▶ **Items from a dataset**
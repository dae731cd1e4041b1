-- ===== src/Snapshot/Service.antt =====
-- app/domain/account_snapshot: repository.py, and the making of snapshots in service.py, with
-- portfolio/snapshot_service.py. The prices that the routes collect before are rows already here.
use household_back.Base.{
  ℤ, pos, negsuc, ◌+ℤ◌, neg_ℤ, select, find, any, sum_by, ◌==◌, if◌then◌else◌, or_else, ℕ, zero,
  suc, ◌+◌, String, Bool, true, false, not, ◌&&◌, ◌||◌, Option, none, some, List, [], ◌∷◌, ◌++◌,
  map,
}
use household_back.Core.{Date, date_ltb, date_eqb, last_day, shift_months, ok, Handler}
use household_back.Model.{Account, AccountSnapshot, Household, active, Db}
use household_back.Household.Repository.{find_all_active}
use household_back.Account.Report.{MonthSums, sum_by_account_for_month}
use household_back.Snapshot.Holdings.{balance_on}
use household_back.Snapshot.Histories.{
  Fresh, find_active_accounts, has_active_for_month, oldest_active_month, delete_snapshots,
  in_cents, snapshot_household_portfolio,
}

-- a row of `snapshots` in memory: its balance, in units of 0.000001, is not rounded yet
pub record SnapshotRow : Type 0 where
  pub account_id : ℕ
  pub snapshot_date : Date
  pub balance : ℤ
  pub monthly : MonthSums

-- the row as the table stores it
abbrev pub stored_row : Fresh → SnapshotRow → AccountSnapshot
stored_row fresh r = record {
  id = fresh.snapshot_id r.account_id;
  frst_reg_dt = fresh.now;
  data_stat_cd = active;
  account_id = r.account_id;
  snapshot_date = r.snapshot_date;
  balance = in_cents r.balance;
  monthly_income = r.monthly.income_sum;
  monthly_expense = r.monthly.expense_sum;
  monthly_fixed_expense = r.monthly.fixed_expense_sum;
}

pub record SnapshotMonthBalance : Type 0 where
  pub account_id : ℕ
  pub account_name : String
  pub balance : ℤ
  pub monthly : MonthSums

pub record SnapshotMonth : Type 0 where
  pub snapshot_date : Date
  pub total_balance : ℤ
  pub total_income : ℤ
  pub total_expense : ℤ
  pub total_fixed_expense : ℤ
  pub accounts : List SnapshotMonthBalance

-- `a.name if a else "(삭제됨)"`
abbrev name_or_deleted : Option Account → String
name_or_deleted none = "(삭제됨)"
name_or_deleted (some a) = a.name

abbrev pub month_balance : List Account → SnapshotRow → SnapshotMonthBalance
month_balance accounts r = record {
  account_id = r.account_id;
  account_name = name_or_deleted (find (λ (a : Account). a.id == r.account_id) accounts);
  balance = r.balance;
  monthly = r.monthly;
}

-- `_build_month`
unfoldable pub build_month : Date → List SnapshotRow → List Account → SnapshotMonth
unfolding ◌+ℤ◌
build_month month rows accounts = record {
  snapshot_date = month;
  total_balance = sum_by (λ (r : SnapshotRow). r.balance) rows;
  total_income = sum_by (λ (r : SnapshotRow). r.monthly.income_sum) rows;
  total_expense = sum_by (λ (r : SnapshotRow). r.monthly.expense_sum) rows;
  total_fixed_expense = sum_by (λ (r : SnapshotRow). r.monthly.fixed_expense_sum) rows;
  accounts = map (month_balance accounts) rows;
}

-- `a for a in … if not a.is_archived`
abbrev pub open_accounts : ℕ → Db → List Account
open_accounts household_id db =
    select (λ (a : Account). not a.is_archived) (find_active_accounts household_id db)

abbrev pub delete_if : Bool → ℕ → Date → Db → Db
delete_if replace household_id month db =
    if replace then delete_snapshots household_id month db else db

abbrev pub save_all : Fresh → List SnapshotRow → Db → Db
save_all fresh rows db = record db {
  account_snapshots = db.account_snapshots ++ map (stored_row fresh) rows;
}

module _ (le : String → String → Bool) where
  unfoldable pub snapshot_row : Date → Db → Account → SnapshotRow
  unfolding balance_on sum_by_account_for_month
  snapshot_row month db a = record {
    account_id = a.id;
    snapshot_date = month;
    balance = (balance_on le a (last_day month.year month.month) db).balance;
    monthly = sum_by_account_for_month a.id month.year month.month db;
  }

  -- what follows the DELETE of `_build_and_save_snapshot`, from the accounts that are not archived
  unfoldable pub snapshot_accounts :
      Fresh → ℕ → Date → Bool → Db → List Account → SnapshotMonth × Db
  unfolding snapshot_row snapshot_household_portfolio build_month last_day in_cents
  snapshot_accounts fresh household_id month replace db [] = (
    build_month month [] [],
    if replace
        then snapshot_household_portfolio le fresh household_id month
            (last_day month.year month.month) true db
        else db,
  )
  snapshot_accounts fresh household_id month replace db (a ∷ accounts) =
      let rows = map (snapshot_row month db) (a ∷ accounts) in
      (
        build_month month rows (a ∷ accounts),
        snapshot_household_portfolio le fresh household_id month (last_day month.year month.month)
            replace (save_all fresh rows db),
      )

  -- `_build_and_save_snapshot`
  unfoldable pub build_and_save_snapshot : Fresh → ℕ → Date → Bool → Db → SnapshotMonth × Db
  unfolding delete_snapshots find_active_accounts snapshot_accounts
  build_and_save_snapshot fresh household_id month replace db =
      let left = delete_if replace household_id month db in
      snapshot_accounts fresh household_id month replace left (open_accounts household_id left)

  -- `create_target_month_snapshot`, after it has collected the prices
  unfoldable pub create_target_month_snapshot : Fresh → ℕ → Date → Handler Db SnapshotMonth
  unfolding has_active_for_month build_and_save_snapshot
  create_target_month_snapshot fresh household_id target db = ok (
      build_and_save_snapshot fresh household_id target
        (has_active_for_month household_id target db) db)

abbrev pub has_accounts : SnapshotMonth → Bool
has_accounts m = elim m.accounts [ [] ↦ false | _ ∷ _ ↦ true ]

abbrev pub month_in : Date → List Date → Bool
month_in d months = any (date_eqb d) months

-- `[_shift_months(target_date, -i) for i in range(SNAPSHOT_CATCHUP_MONTHS)]`
unfoldable pub months_back : Date → ℕ → ℕ → List Date
unfolding shift_months neg_ℤ
months_back target i zero = []
months_back target i (suc n) = shift_months target (neg_ℤ (pos i)) ∷ months_back target (suc i) n

-- `SNAPSHOT_CATCHUP_MONTHS`
abbrev pub snapshot_catchup_months : ℕ
snapshot_catchup_months = 12

unfoldable pub upsert_months : Date → List Date
unfolding shift_months
upsert_months target = target ∷ shift_months target (negsuc 0) ∷ []

-- the two tests that `continue` with the next month
abbrev pub is_skipped : Date → ℕ → Date → Date → Db → Bool
is_skipped target household_id catchup_floor month db =
    date_ltb month catchup_floor
    || (has_active_for_month household_id month db && not (month_in month (upsert_months target)))

module _ (le : String → String → Bool) (fresh : ℕ → Date → Fresh) (target : Date) where
  -- The body of the inner loop: the number of snapshots that it counts, and the database.
  unfoldable pub snapshot_step : ℕ → Date → Date → Db → ℕ × Db
  unfolding has_active_for_month build_and_save_snapshot upsert_months
  snapshot_step household_id catchup_floor month db =
      let exists = has_active_for_month household_id month db in
      if is_skipped target household_id catchup_floor month db
      then (0, db)
      else let made =
          build_and_save_snapshot le (fresh household_id month) household_id month exists db in
        (if has_accounts made.0 then 1 else 0, made.1)

  unfoldable pub snapshot_months : ℕ → Date → List Date → Db → ℕ × Db
  unfolding snapshot_step
  snapshot_months household_id catchup_floor [] db = (0, db)
  snapshot_months household_id catchup_floor (month ∷ months) db =
      let first = snapshot_step household_id catchup_floor month db in
      let later = snapshot_months household_id catchup_floor months first.1 in
      (first.0 + later.0, later.1)

  unfoldable pub snapshot_households : List Household → Db → ℕ × Db
  unfolding snapshot_months oldest_active_month months_back
  snapshot_households [] db = (0, db)
  snapshot_households (h ∷ hs) db =
      let first =
        snapshot_months h.id (or_else (oldest_active_month h.id db) target)
          (months_back target 0 snapshot_catchup_months) db in
      let later = snapshot_households hs first.1 in (first.0 + later.0, later.1)

  -- `create_monthly_snapshots_for_all`, after it has collected the prices
  unfoldable pub create_monthly_snapshots_for_all : Handler Db ℕ
  unfolding snapshot_households find_all_active
  create_monthly_snapshots_for_all db = ok (snapshot_households (find_all_active db) db)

▶ **Your goal**
On how many lines of the data does the word "AccountSnapshot" appear? Only the number is wanted.

▶ **Solved exercise**
2